Before discussing what ideal gas pressure is, the content of the concept of “ideal gas” should be clarified. And this concept characterizes a mathematical model, a universal formula, assuming that the distribution of potential and kinetic energy of interacting molecules is such that the value of potential energy can be neglected. The chemical-physical meaning consists in the fact that the absolute elasticity of the walls of the vessels in which the gas is located is assumed, and in addition, the magnitude of the attractive forces of the molecules, the impulses of their impact on the walls of the vessel and against each other are recognized as insignificant.
Such an understanding of the essence of an ideal gas finds wide application in the field of solving the problems of thermodynamics of gases.
In the physical sense, varieties of an ideal gas are distinguished: a classical one, whose properties are determined by the classical laws of mechanics, and a quantum one, whose character is derived from the principles of quantum mechanics.
The first to derive a general equation was the great French physicist Benoit Clapeyron. He also developed the basic principles of the ideal gas theory, which form the basis of all modern theories that study various gases.
The starting point of this teaching is the conclusion that the pressure of an ideal gas is unchanged with a linear dependence of its volume on temperature. In this case, some conditional assumptions must be taken into account:
- the diameter of the ideal gas molecule is small to the extent that it can be neglected;
- the momentum between the molecules can be transmitted only during collisions, thus, the force of attraction between them can also be neglected;
- the total value of the energy of the gas molecules is recognized as a constant, in the absence of heat transfer and work performed on this gas. In this case, the pressure of an ideal gas depends on the sum of the momenta that are created when the molecules collide with the walls of the vessel.

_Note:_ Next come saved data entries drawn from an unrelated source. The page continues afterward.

-- ===== src/JobStore/Defs/Admin.antt =====
-- Retry, List, the operations on jobs, and PruneTerminal.
use dygo.Base.{
  ℕ, zero, suc, Text, List, [], ◌∷◌, Bool, true, false, not, ◌&&◌, ◌||◌, Option, some, none, ltb,
  ◌==◌, if◌then◌else◌, text_eq, text_lt, is_empty, trim_space, contains_text, any, select, take,
  length, Result, ok, err, ◌>>=◌,
}
use dygo.JobStore.Defs.Types.{
  Status, failed, succeeded, cancelled, JobRow, JobRecord, Job, Row, Execution, Db, Runtime, Error,
  key_required, not_failed, retired, invalid_limit, invalid_prune,
}
use dygo.Base.{ℤ, pos, negsuc}
use dygo.JobStore.Defs.Rows.{status_eq, has_id, order_by}
use dygo.JobStore.Defs.Lookup.{app_of, job_of, load_job, scan_execution, get, job_from_record}
use dygo.JobStore.Defs.Enqueue.{enqueue}

abbrev pub is_terminal : Status → Bool
is_terminal succeeded = true
is_terminal failed = true
is_terminal cancelled = true
is_terminal _ = false

abbrev finished_before : Option ℕ → ℕ → Bool
finished_before none cutoff = false
finished_before (some t) cutoff = ltb t cutoff

abbrev has_key : Option Text → Bool
has_key none = false
has_key (some k) = true

-- The WHERE of PruneTerminal's candidates.
abbrev pub is_prunable : (ℕ → Bool) → List Text → ℕ → Row → Bool
is_prunable skip queue_names cutoff r =
    contains_text queue_names r.queue
    && is_terminal r.status
    && finished_before r.finished_at cutoff
    && not (has_key r.idempotency_key)
    && not (skip r.id)

abbrev finish_time : Option ℕ → ℕ
finish_time none = 0
finish_time (some t) = t

abbrev pub finished_first : Row → Row → Bool
finished_first r s =
    ltb (finish_time r.finished_at) (finish_time s.finished_at)
    || (finish_time r.finished_at == finish_time s.finished_at && ltb r.id s.id)

abbrev pub none_given : List Text → Bool
none_given [] = true
none_given (n ∷ ns) = false

-- The rows of the candidates, the oldest first.
unfoldable pub prune_candidates : (ℕ → Bool) → List Text → ℕ → ℕ → Db → List Row
prune_candidates skip queue_names cutoff limit db =
    take limit
      (order_by finished_first (select (is_prunable skip queue_names cutoff) db.executions))

-- Store.PruneTerminal of internal/jobs/store/retention.go; a zero cutoff is 0.
unfoldable pub prune_terminal : (ℕ → Bool) → List Text → ℕ → ℕ → Db → Result Error ℕ × Db
prune_terminal skip queue_names cutoff limit db =
    let candidates = prune_candidates skip queue_names cutoff limit db in
    let doomed = λ (r : Row). any (has_id r.id) candidates in
    if none_given queue_names || (cutoff == 0 || limit == 0) then (err invalid_prune, db) else (
      ok (length (select doomed db.executions)),
      record db { executions = select (λ r. not (doomed r)) db.executions },
    )

abbrev pub set_enabled : Bool → ℕ → List JobRow → List JobRow
set_enabled enabled i [] = []
set_enabled enabled i (j ∷ js) =
    (if j.id == i then record j { enabled = enabled } else j) ∷ set_enabled enabled i js

abbrev job_before : JobRecord → JobRecord → Bool
job_before j k =
    text_lt j.app_name k.app_name || (text_eq j.app_name k.app_name && text_lt j.row.key k.row.key)

insert_job : JobRecord → List JobRecord → List JobRecord
unfolding text_eq text_lt
insert_job j [] = j ∷ []
insert_job j (k ∷ ks) = if job_before k j then k ∷ insert_job j ks else j ∷ k ∷ ks

-- The join of ListJobs, in its order: the jobs of active apps.
active_jobs : Db → List JobRow → List JobRecord
unfolding insert_job
active_jobs db [] = []
active_jobs db (j ∷ js) =
    let rest = active_jobs db js in
    elim (app_of db j) [
      | none ↦ rest
      | some a ↦ if a.active then insert_job (record { row = j; app_name = a.name }) rest else rest
    ]

module _ (rt : Runtime) where
  -- Retry after Get: a failed execution's payload is enqueued once more, for its job.
  abbrev pub retry_execution :
      (Db → Db)
      → List Text
      → Option Text
      → ℕ
      → Text
      → Db
      → Result Error Execution
      → Result Error Execution × Db
  retry_execution others installing name now key db (err e) = (err e, db)
  retry_execution others installing name now key db (ok x) =
      if not (status_eq x.status failed)
      then (err not_failed, db)
      else enqueue rt others installing name now x.app_name x.job_name x.payload
          (record { idempotency_key = key; priority = pos 0; run_after = none }) db

  -- Store.Retry; `others` and the other arguments are those of `enqueue`.
  unfoldable pub retry :
      (Db → Db) → List Text → Option Text → ℕ → Text → Text → Db → Result Error Execution × Db
  retry others installing name now reference idempotency_key db =
      let key = trim_space idempotency_key in
      if is_empty key
      then (err key_required, db)
      else retry_execution others installing name now key db (get rt db (trim_space reference))

  -- setJobEnabled, which DisableJob calls with false and EnableJob with true
  abbrev pub enable_loaded : Bool → Db → Result Error JobRecord → Result Error Job × Db
  enable_loaded enabled db (err e) = (err e, db)
  enable_loaded enabled db (ok j) = if enabled && j.row.retired then (err retired, db) else (
    job_from_record rt
        (record { row = record (j.row) { enabled = enabled }; app_name = j.app_name }),
    record db { jobs = set_enabled enabled j.row.id db.jobs },
  )

  unfoldable pub set_job_enabled : Bool → List Text → Text → Text → Db → Result Error Job × Db
  set_job_enabled enabled installing app_name job_name db =
      enable_loaded enabled db (load_job db installing app_name job_name)

  scan_all : Db → List Row → Result Error (List Execution)
  unfolding scan_execution
  scan_all db [] = ok []
  scan_all db (r ∷ rs) = elim (job_of db r) [
    | none ↦ scan_all db rs
    | some j ↦ do e ← scan_execution rt j r; es ← scan_all db rs; ok (e ∷ es)
  ]

  jobs_of_records : List JobRecord → Result Error (List Job)
  unfolding job_from_record
  jobs_of_records [] = ok []
  jobs_of_records (j ∷ js) = do x ← job_from_record rt j; xs ← jobs_of_records js; ok (x ∷ xs)

  abbrev has_job : Db → Row → Bool
  has_job db r = elim (job_of db r) [ none ↦ false | some j ↦ true ]

  newest_first : Db → List Row
  unfolding order_by
  newest_first db = order_by (λ r s. ltb s.id r.id) (select (has_job db) db.executions)

  -- Store.List; a limit of 0 is 20
  unfoldable pub list : ℤ → Db → Result Error (List Execution)
  unfolding scan_all newest_first
  list (pos zero) db = scan_all db (take 20 (newest_first db))
  list (pos (suc n)) db = scan_all db (take (suc n) (newest_first db))
  list (negsuc n) db = err invalid_limit

  -- Store.ListJobs
  unfoldable pub list_jobs : Db → Result Error (List Job)
  unfolding jobs_of_records active_jobs
  list_jobs db = jobs_of_records (active_jobs db db.jobs)

  -- Store.GetJob
  unfoldable pub get_job : List Text → Text → Text → Db → Result Error Job
  unfolding load_job job_from_record
  get_job installing app_name job_name db =
      load_job db installing app_name job_name >>= job_from_record rt
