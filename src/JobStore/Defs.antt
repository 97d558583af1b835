-- ===== src/JobStore/Defs.antt =====
-- The state of the job store and its operations.
mod Types
mod Rows
mod Delay
mod Lookup
mod Enqueue
mod Settle
mod Claiming
mod Admin
unfoldable pub use Types.*
unfoldable pub use Rows.*
unfoldable pub use Delay.*
unfoldable pub use Lookup.*
unfoldable pub use Enqueue.*
unfoldable pub use Settle.*
unfoldable pub use Claiming.*
unfoldable pub use Admin.*
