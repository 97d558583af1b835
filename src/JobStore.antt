-- ===== src/JobStore.antt =====
-- internal/jobs/store: durable Job Executions in PostgreSQL.
mod Defs
pub mod Backoff
pub mod Lifecycle
pub mod Operations
pub mod Schedule
pub mod Invariants
pub mod Fencing
pub mod Recovery
pub mod Progress
pub mod Supply
pub mod Available
pub mod Idempotency
pub mod Keys
pub mod Leases
pub mod Handout
mod SampleData
mod Samples
unfoldable pub use Defs.*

During the existence of the doctrine, many scientists were studying the physicochemical nature of gases, and many of them had different approaches. This led to the fact that in physical theory they consider the classification of an ideal gas from the point of view of the laws that this or that physicist put in the basis of his research - Fermi gas, Bose gas and others. So, for example, according to the equivalent approach, the gas in question simultaneously satisfies the laws of Boyle-Mariotte and Gay-Lussac: pV = bT, where p is pressure, T is absolute temperature. Mendeleev’s formula gives a more extensive idea of the properties: pV = m / M x RT, where are indicated: R - gas constant, M - molar mass, m - mass.
One of the earliest and most developed teachings on the properties of gases was the description of such a property as the pressure of an ideal gas. But there were some flaws in this concept related to the one-sided approach to research. So, even by measuring the pressure, we will not be able to find out the parameters of the average kinetic energy of each of the individual molecules, as well as the concentration of these molecules in the vessel. Therefore, some parameter is still needed, with the help of which it is possible to solve the arisen problem. The temperature was proposed by physicists as such a quantity. This scalar quantity in thermodynamics gives an idea of the thermal state of the system and what its dynamics are. But in gas theory, temperature is also important as a molecular kinetic parameter, because it describes the behavior of gas molecules in a vessel and also reflects their average kinetic energy. This value is called the Boltzmann constant.
In order to avoid entering into the complexity of higher mathematics when searching for a pressure formula , it is necessary to artificially introduce some simplifications:
- the form of molecules can be represented as a ball;
- the distance between the molecules is infinitely large, excluding the action of attractive forces;
- the speed of movement of the molecules is set at an average level;
- imagine the walls of the vessel are absolutely elastic.
From this we can derive a formula in which the pressure of an ideal gas will be the quotient of dividing the magnitude of the force acting perpendicular to the vessel wall and the surface area on which this force acts: p = F / S.
In those cases when our simplifications do not work to establish how the pressure of an ideal gas changes, additional values will need to be entered into this simple formula.